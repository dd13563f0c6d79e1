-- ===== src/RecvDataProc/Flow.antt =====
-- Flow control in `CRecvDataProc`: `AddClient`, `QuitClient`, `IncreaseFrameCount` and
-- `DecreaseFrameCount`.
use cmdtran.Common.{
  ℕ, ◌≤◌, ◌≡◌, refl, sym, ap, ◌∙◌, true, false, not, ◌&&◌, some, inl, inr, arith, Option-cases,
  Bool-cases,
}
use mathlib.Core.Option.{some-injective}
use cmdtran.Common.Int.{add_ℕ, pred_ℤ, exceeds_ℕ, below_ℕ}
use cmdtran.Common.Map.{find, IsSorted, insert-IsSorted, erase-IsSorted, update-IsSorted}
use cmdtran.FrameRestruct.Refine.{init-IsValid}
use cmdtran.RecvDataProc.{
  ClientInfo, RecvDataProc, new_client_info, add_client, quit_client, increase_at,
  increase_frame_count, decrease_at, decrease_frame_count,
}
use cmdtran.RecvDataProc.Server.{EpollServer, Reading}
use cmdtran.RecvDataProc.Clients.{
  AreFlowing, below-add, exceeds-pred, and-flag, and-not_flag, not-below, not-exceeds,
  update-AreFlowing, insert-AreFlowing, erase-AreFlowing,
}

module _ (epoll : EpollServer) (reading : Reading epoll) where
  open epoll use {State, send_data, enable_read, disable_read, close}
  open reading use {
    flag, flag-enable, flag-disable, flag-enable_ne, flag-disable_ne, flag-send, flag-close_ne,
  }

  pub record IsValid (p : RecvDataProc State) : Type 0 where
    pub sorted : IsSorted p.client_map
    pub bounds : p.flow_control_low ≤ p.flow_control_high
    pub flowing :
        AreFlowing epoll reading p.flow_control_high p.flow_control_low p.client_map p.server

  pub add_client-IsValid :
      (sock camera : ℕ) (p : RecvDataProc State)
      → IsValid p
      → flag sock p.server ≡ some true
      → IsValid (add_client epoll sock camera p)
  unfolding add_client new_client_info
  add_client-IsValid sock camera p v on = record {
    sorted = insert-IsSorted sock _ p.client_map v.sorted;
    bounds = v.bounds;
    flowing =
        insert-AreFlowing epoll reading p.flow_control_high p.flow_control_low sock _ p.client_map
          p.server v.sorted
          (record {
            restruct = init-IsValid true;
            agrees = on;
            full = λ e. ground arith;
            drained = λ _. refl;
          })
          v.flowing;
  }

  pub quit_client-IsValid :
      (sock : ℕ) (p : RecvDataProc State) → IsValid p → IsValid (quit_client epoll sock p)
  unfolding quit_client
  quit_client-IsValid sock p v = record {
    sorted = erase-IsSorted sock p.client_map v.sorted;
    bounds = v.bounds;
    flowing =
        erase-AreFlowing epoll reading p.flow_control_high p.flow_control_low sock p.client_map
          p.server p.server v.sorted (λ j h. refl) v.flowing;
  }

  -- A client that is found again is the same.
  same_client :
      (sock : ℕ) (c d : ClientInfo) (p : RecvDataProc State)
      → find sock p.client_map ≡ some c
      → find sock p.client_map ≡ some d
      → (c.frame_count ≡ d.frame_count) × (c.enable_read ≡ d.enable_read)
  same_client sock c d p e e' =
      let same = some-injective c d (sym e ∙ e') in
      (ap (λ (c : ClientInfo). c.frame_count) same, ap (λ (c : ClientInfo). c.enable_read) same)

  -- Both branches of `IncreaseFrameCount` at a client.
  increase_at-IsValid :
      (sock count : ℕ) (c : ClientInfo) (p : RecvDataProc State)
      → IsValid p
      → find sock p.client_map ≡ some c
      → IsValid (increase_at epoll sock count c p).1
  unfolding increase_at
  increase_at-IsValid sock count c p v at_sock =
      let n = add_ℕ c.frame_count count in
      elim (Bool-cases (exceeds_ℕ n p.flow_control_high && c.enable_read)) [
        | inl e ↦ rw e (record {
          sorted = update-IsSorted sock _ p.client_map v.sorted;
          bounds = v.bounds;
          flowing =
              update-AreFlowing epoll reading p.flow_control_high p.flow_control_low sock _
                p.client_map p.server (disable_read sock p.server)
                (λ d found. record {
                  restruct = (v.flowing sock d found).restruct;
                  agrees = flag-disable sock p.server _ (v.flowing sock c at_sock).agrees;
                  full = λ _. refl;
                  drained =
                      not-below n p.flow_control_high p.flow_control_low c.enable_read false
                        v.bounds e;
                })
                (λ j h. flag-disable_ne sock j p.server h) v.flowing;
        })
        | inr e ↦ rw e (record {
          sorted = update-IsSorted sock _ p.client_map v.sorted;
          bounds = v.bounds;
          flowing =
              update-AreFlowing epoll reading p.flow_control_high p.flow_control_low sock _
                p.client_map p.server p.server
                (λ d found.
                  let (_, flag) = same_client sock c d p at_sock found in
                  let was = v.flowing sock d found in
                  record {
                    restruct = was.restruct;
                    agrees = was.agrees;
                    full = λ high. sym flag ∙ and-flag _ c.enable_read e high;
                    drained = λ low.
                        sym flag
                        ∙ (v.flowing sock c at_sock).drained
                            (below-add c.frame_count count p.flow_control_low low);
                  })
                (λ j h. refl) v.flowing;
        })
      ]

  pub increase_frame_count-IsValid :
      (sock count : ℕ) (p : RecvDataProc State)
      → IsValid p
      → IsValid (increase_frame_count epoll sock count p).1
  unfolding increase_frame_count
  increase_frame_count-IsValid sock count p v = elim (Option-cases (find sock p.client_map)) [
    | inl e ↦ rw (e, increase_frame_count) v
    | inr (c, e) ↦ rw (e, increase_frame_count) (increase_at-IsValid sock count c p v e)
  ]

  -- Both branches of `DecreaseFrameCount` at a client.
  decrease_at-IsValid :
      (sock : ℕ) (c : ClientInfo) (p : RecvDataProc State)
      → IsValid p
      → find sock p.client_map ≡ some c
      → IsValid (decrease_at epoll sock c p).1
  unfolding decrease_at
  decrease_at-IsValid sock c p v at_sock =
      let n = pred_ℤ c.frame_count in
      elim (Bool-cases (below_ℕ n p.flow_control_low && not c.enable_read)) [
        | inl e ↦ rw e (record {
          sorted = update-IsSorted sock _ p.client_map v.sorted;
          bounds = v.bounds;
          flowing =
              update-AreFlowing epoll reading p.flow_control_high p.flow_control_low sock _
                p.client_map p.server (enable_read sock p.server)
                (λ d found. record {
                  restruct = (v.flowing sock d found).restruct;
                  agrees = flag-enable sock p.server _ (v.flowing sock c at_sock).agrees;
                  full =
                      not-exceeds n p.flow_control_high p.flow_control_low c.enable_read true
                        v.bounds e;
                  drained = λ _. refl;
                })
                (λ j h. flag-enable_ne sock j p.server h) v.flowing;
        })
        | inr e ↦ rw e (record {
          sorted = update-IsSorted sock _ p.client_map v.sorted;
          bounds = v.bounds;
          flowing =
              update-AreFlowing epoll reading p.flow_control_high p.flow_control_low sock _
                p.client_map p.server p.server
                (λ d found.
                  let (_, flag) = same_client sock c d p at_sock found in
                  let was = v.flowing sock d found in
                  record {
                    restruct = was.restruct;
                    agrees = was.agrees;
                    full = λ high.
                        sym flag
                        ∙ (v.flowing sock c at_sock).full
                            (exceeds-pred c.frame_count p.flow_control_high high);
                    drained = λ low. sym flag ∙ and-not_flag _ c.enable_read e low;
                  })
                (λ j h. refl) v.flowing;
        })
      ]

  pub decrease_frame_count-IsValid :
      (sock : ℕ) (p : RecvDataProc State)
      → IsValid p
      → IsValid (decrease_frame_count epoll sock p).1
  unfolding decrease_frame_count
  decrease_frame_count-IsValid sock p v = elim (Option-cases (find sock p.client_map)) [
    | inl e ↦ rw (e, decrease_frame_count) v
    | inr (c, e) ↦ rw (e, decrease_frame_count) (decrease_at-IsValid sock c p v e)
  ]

────────

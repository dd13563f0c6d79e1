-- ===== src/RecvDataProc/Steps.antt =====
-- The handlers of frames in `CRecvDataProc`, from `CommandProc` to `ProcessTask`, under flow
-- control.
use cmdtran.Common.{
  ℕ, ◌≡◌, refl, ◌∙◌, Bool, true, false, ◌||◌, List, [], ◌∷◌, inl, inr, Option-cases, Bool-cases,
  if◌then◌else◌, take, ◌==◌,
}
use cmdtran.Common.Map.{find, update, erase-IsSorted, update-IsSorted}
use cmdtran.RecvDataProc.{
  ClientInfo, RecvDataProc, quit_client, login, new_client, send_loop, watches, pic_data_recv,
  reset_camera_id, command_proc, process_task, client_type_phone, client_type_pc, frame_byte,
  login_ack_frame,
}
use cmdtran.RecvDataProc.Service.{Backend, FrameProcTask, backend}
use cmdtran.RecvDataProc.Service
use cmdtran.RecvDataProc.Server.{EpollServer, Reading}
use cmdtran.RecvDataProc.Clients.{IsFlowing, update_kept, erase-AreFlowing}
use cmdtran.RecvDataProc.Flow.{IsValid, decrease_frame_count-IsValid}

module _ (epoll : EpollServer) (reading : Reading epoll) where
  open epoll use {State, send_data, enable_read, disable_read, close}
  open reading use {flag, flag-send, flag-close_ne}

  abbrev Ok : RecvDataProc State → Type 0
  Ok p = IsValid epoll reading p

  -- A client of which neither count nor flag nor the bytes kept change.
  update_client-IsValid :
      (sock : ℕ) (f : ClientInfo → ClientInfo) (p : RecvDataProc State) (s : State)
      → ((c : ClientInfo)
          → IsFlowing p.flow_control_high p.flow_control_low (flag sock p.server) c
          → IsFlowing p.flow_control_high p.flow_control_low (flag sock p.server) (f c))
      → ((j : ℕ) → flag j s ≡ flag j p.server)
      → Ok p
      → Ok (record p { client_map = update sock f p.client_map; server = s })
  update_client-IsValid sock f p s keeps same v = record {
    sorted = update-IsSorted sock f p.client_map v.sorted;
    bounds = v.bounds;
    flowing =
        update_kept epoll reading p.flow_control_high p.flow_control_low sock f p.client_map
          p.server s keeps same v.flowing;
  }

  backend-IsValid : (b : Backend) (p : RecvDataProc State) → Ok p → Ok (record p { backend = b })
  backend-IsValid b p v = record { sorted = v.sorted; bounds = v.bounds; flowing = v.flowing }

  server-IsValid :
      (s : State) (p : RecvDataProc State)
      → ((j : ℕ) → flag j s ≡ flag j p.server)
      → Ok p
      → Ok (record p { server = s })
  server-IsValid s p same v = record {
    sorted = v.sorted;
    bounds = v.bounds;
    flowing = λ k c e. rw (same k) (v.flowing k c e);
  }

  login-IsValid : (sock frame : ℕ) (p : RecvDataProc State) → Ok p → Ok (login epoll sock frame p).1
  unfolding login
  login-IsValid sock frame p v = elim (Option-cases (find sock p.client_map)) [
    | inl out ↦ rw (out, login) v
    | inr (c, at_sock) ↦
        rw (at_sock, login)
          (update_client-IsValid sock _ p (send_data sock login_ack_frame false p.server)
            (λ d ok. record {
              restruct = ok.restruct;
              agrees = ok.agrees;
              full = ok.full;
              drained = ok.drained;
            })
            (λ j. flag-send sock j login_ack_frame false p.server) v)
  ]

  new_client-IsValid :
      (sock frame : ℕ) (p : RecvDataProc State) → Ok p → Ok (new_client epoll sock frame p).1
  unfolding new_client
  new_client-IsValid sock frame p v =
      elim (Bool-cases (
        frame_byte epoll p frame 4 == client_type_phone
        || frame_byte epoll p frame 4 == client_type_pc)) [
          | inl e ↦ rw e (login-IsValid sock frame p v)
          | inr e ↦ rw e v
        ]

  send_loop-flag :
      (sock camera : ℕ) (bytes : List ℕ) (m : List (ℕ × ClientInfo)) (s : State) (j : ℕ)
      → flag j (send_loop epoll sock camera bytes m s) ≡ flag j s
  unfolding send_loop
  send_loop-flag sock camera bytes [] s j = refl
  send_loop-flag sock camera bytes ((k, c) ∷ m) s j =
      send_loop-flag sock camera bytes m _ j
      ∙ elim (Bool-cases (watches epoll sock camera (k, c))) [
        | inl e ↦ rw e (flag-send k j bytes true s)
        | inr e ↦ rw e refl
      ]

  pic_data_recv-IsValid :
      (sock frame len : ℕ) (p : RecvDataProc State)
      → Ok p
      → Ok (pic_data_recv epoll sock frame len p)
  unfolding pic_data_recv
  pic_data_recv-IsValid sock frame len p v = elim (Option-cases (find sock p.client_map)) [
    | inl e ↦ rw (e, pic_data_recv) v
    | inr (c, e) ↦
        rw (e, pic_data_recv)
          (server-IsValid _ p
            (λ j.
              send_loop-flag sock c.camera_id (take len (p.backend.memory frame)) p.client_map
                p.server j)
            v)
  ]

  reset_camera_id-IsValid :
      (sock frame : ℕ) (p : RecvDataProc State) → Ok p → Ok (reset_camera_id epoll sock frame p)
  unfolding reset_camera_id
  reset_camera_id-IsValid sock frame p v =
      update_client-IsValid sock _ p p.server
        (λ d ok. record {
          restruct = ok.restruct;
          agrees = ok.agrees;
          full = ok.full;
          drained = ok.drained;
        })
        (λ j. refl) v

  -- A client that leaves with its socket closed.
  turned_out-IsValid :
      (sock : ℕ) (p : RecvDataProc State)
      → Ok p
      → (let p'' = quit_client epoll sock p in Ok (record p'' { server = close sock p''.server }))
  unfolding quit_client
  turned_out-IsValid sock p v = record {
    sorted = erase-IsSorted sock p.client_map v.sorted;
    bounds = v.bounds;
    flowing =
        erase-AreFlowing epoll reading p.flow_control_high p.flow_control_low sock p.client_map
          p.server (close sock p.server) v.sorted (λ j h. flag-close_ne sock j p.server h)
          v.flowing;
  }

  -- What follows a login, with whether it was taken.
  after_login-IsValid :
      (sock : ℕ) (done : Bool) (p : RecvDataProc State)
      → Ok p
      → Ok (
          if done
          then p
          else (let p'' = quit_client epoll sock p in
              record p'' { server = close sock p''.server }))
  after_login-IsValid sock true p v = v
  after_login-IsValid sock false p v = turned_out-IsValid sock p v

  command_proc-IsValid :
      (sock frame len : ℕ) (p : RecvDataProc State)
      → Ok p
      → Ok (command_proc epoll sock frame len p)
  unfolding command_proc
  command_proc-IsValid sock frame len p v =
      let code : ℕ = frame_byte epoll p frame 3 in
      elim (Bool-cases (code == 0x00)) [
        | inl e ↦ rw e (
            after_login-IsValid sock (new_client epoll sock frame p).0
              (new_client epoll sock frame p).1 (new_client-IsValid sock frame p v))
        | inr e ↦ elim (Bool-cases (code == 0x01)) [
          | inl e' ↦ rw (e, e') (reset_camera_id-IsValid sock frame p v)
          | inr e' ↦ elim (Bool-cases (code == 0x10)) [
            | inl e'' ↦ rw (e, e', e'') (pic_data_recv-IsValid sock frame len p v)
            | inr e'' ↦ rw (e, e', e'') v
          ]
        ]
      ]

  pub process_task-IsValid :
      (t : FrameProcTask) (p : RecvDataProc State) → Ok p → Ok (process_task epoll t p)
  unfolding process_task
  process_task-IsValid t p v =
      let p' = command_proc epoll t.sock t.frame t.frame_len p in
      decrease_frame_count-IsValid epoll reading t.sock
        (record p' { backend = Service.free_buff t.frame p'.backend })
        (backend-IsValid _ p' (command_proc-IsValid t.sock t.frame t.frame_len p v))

────────

Your assignment >> Looking at the entries, state how many lines hold the string "Option", with the number as the sole reply.

Written response >> 7